Macey rolled her eyes again and told him, “Half the power players in the city are sitting on this ballroom floor.”
“Yes,” Hale agreed with a little too much vigor for Macey’s liking. “And as you pointed out, four out of five gunmen aren’t in the ballroom. So,” Hale said slowly, “whate
ver they want, it isn’t in here.”
Macey was just starting to argue when Abby asked, “What can you tell me about the gunmen?”
“They’re amateurs,” Hale said at the exact time Macey told her teacher, “They’re pros.”
Hale shook his head. “Just because you do something professionally doesn’t mean you’re a professional. And, trust me, these guys are just the type to get someone hurt.”
Abby was talking in Macey’s ear, going on about emergency extractions and contingency plans. She’d warned Macey to sit tight, not to blow her cover. But the clock inside Macey’s head was ticking, Hale’s words washing over her.
And she was tired of sitting on the floor, doing absolutely nothing about it.

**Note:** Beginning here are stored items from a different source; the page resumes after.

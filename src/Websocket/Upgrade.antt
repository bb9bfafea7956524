-- ===== src/Websocket/Upgrade.antt =====
-- The state of `WSockConnection` (include/websocket/wsock_connection.hpp), its upgrade, and `handle_data` of
-- WSockFactory (include/websocket/wsock_factory.hpp). Handlers of messages are numbers; a handler of HTTP
-- requests gets a response without a writer.
pub mod Routed
mod Tests
use knet.Base.{
  ℕ, Bool, true, false, Option, none, some, List, [], ◌∷◌, ◌++◌, ℤ, minus_one, if◌then◌else◌, leb,
  ◌==◌, length, Text, codes, same_text, lookup,
}
use knet.Event.{NetEvent, evt_connect, event_code}
use knet.Http.Encoder.{
  HttpMessage, empty_message, add_header, encode_request, encode_response, make_request,
  make_response, write,
}
use knet.Http.Message.{http_get}
use knet.Http.Decoder.{Parser, Decoder, new_decoder, parse_request, parse_response, get_header}
use knet.Http.Connection.{HttpHandler, RouteMap, first_handler, is_negative}
use knet.Websocket.Reader.{Reader, read}

pub data WSockStatus : Type 0 where
  wsock_init wsock_connecting wsock_open wsock_closing wsock_closed : WSockStatus

pub record WSockConnection : Type 0 where
  pub is_websocket : Bool
  pub m_status : WSockStatus
  pub first_request : Option HttpMessage
  pub wsock_reader : Reader
  -- `wsock_handler.message`
  pub message : Option ℕ

pub data WSockEffect : Type 0 where
  sent : Text → WSockEffect
  closed : WSockEffect
  handed : ℕ → List ℕ → WSockEffect

-- The HTTP parser with its flag `upgrade` after some bytes, the path of a URL and the key of a
-- handshake, which are code of other projects; the text of the date, and whether the connection is up.
pub record Surroundings : Type 0 where
  pub parser : Parser
  pub upgrades : Text → Bool
  pub url_path : Text → Text
  pub accept_key : Text → Text
  pub date : Text
  pub is_connected : Bool

pub record Routes : Type 0 where
  pub http_routers : RouteMap
  pub wsock_routers : List (Text × Option ℕ)

abbrev pub Step : Type 0
Step = WSockConnection × List WSockEffect

-- Of a response, in both forms of `write`.
unfoldable pub write_response : Surroundings → HttpMessage → List WSockEffect
unfolding encode_response
write_response w rsp =
    sent (encode_response w.date rsp) ∷ (if leb 200 rsp.status_code then closed ∷ [] else [])

unfoldable pub reply : Surroundings → Text → ℕ → Bool → List WSockEffect
unfolding encode_response make_response
reply w msg code fin =
    (if w.is_connected
      then sent (encode_response w.date (make_response code msg (codes "txt"))) ∷ []
      else [])
    ++ (if fin then closed ∷ [] else [])

unfoldable pub handle_event : NetEvent → WSockConnection → Step
unfolding encode_request
handle_event evt c =
    if event_code evt == event_code evt_connect
    then elim c.first_request [
      | none ↦ (c, [])
      | some req ↦ (record c { m_status = wsock_connecting }, sent (encode_request req) ∷ [])
    ]
    else (c, [])

abbrev pub upgrade_response : Text → HttpMessage
upgrade_response accept =
    let rsp = make_response 101 [] (codes "txt") in
    record rsp {
      http_headers = add_header (codes "Accept-Encoding") (codes "gzip, deflate") (
          add_header (codes "Sec-WebSocket-Accept") accept (
            add_header (codes "Connection") (codes "Upgrade")
              (add_header (codes "Upgrade") (codes "websocket") rsp.http_headers)));
    }

unfoldable pub upgrade_websocket : Surroundings → Decoder → WSockConnection → Bool × Step
unfolding get_header make_response add_header write_response reply
upgrade_websocket w req c =
    let key = get_header req (codes "Sec-WebSocket-Key") in
    if length key == 24
    then (
      true,
      (record c { is_websocket = true }, write_response w (upgrade_response (w.accept_key key))),
    )
    else (false, (c, reply w (codes "bad websocket key") 400 true))

-- `read_websocket` with `read_message`.
abbrev pub read_message : Option ℕ → List (List ℕ) → List WSockEffect
read_message none msgs = []
read_message (some h) [] = []
read_message (some h) (msg ∷ msgs) = handed h msg ∷ read_message (some h) msgs

unfoldable pub read_websocket : List ℕ → WSockConnection → Step
unfolding read
read_websocket bytes c =
    let r = read c.wsock_reader bytes in
    (record c { wsock_reader = r.reader }, read_message c.message r.handed)

-- `HttpHandler::call`, whose `write` has no writer.
abbrev pub call : HttpHandler → Decoder → ℤ
call h req = elim (first_handler h.context_handler h.http_handler) [
  | none ↦ minus_one
  | some f ↦ (f req empty_message).0
]

abbrev pub not_found : Surroundings → WSockConnection → Bool × Step
not_found w c = (true, (c, write_response w (make_response 404 [] (codes "txt"))))

abbrev pub http_routed : Surroundings → Decoder → WSockConnection → Option HttpHandler → Bool × Step
http_routed w req c none = not_found w c
http_routed w req c (some h) = (if is_negative (call h req) then false else true, (c, []))

abbrev pub upgraded : Option ℕ → Bool × Step → Bool × Step
upgraded h (false, s) = (true, s)
upgraded h (true, (c, es)) = (true, (record c { is_websocket = true; message = h }, es))

abbrev pub wsock_routed : Surroundings → Decoder → WSockConnection → Option (Option ℕ) → Bool × Step
wsock_routed w req c none = not_found w c
wsock_routed w req c (some h) = upgraded h (upgrade_websocket w req c)

abbrev pub on_request : Surroundings → Routes → ℕ × Decoder → WSockConnection → Bool × Step
on_request w rs (n, req) c =
    if n == 0
    then (true, (c, []))
    else if same_text (get_header req (codes "Upgrade")) (codes "websocket")
    then wsock_routed w req c (lookup (w.url_path req.http_url) rs.wsock_routers)
    else http_routed w req c (lookup (w.url_path req.http_url) rs.http_routers)

abbrev pub on_response : Surroundings → Text → ℕ → WSockConnection → Bool × Step
on_response w bytes n c =
    if n == 0
    then (true, (c, []))
    else (true, (if w.upgrades bytes then record c { is_websocket = true } else c, []))

-- By the status.
abbrev pub handle_http : WSockStatus → Surroundings → Routes → Text → WSockConnection → Bool × Step
handle_http wsock_init w rs bytes c =
    on_request w rs (parse_request w.parser bytes true new_decoder) c
handle_http wsock_connecting w rs bytes c =
    on_response w bytes (parse_response w.parser bytes false new_decoder).0 c
handle_http wsock_open w rs bytes c = (true, (c, []))
handle_http wsock_closing w rs bytes c = (true, (c, []))
handle_http wsock_closed w rs bytes c = (true, (c, []))

-- `handle_data` of the factory.
unfoldable pub handle_data : Surroundings → Routes → Text → WSockConnection → Bool × Step
unfolding read_websocket upgrade_websocket parse_request parse_response get_header lookup
    write_response make_response
handle_data w rs bytes c =
    if c.is_websocket then (true, read_websocket bytes c) else handle_http c.m_status w rs bytes c

-- `WSockClient::create_request`; the host, the path and the key are arguments.
unfoldable pub create_request : Text → Text → Text → HttpMessage
unfolding make_request add_header
create_request host path sec_key =
    let req = make_request http_get path [] (codes "txt") in
    record req {
      http_headers = add_header (codes "Sec-WebSocket-Key") sec_key (
          add_header (codes "Accept-Encoding") (codes "gzip,deflate") (
            add_header (codes "Accept-Language") (codes "en-us") (
              add_header (codes "Sec-WebSocket-Version") (codes "13") (
                add_header (codes "Upgrade") (codes "websocket") (
                  add_header (codes "Connection") (codes "Upgrade")
                    (add_header (codes "Host") host req.http_headers))))));
    }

Macey would have given anything to have her best friends with her, but Cammie and Bex were in London on not-so-official CIA business and Liz was…Well, Macey reconsidered. Perhaps having the most accident-prone girl in the history of the Gallagher Academy for Exceptional Young Women far, far away from the men with the assault rifles was a good thing.
“What about lover boy up there?” Abby asked. “He’s walking around with a pair of comms units in his pocket—could he be useful?”
Macey looked Hale slowly up and down, then whispered, “I highly doubt it.”
Hale huffed and mouthed the words I can hear you.
Macey just eyed him. “But I guess he’ll have to do.”
The man in the Bush mask looked bored, or as bored as anyone with his face covered could possibly look. He kept his weapon on his hip and walked around the wide circle, staring down at the captives.
This man wasn’t the brains, Hale knew. He held no authority, made no decisions. He was there to wear a mask and hold a gun. And hopefully, Hale thought, make a key mistake.
“You should get us away from the windows,” Hale said when the man walked by.
“Shut up,” he ordered, his voice husky and deep and vaguely European.
“They’re gonna have snipers out there,” Hale said. “I watch movies. I know how this ends. We need to get away from the windows. Look, that one door is even open.”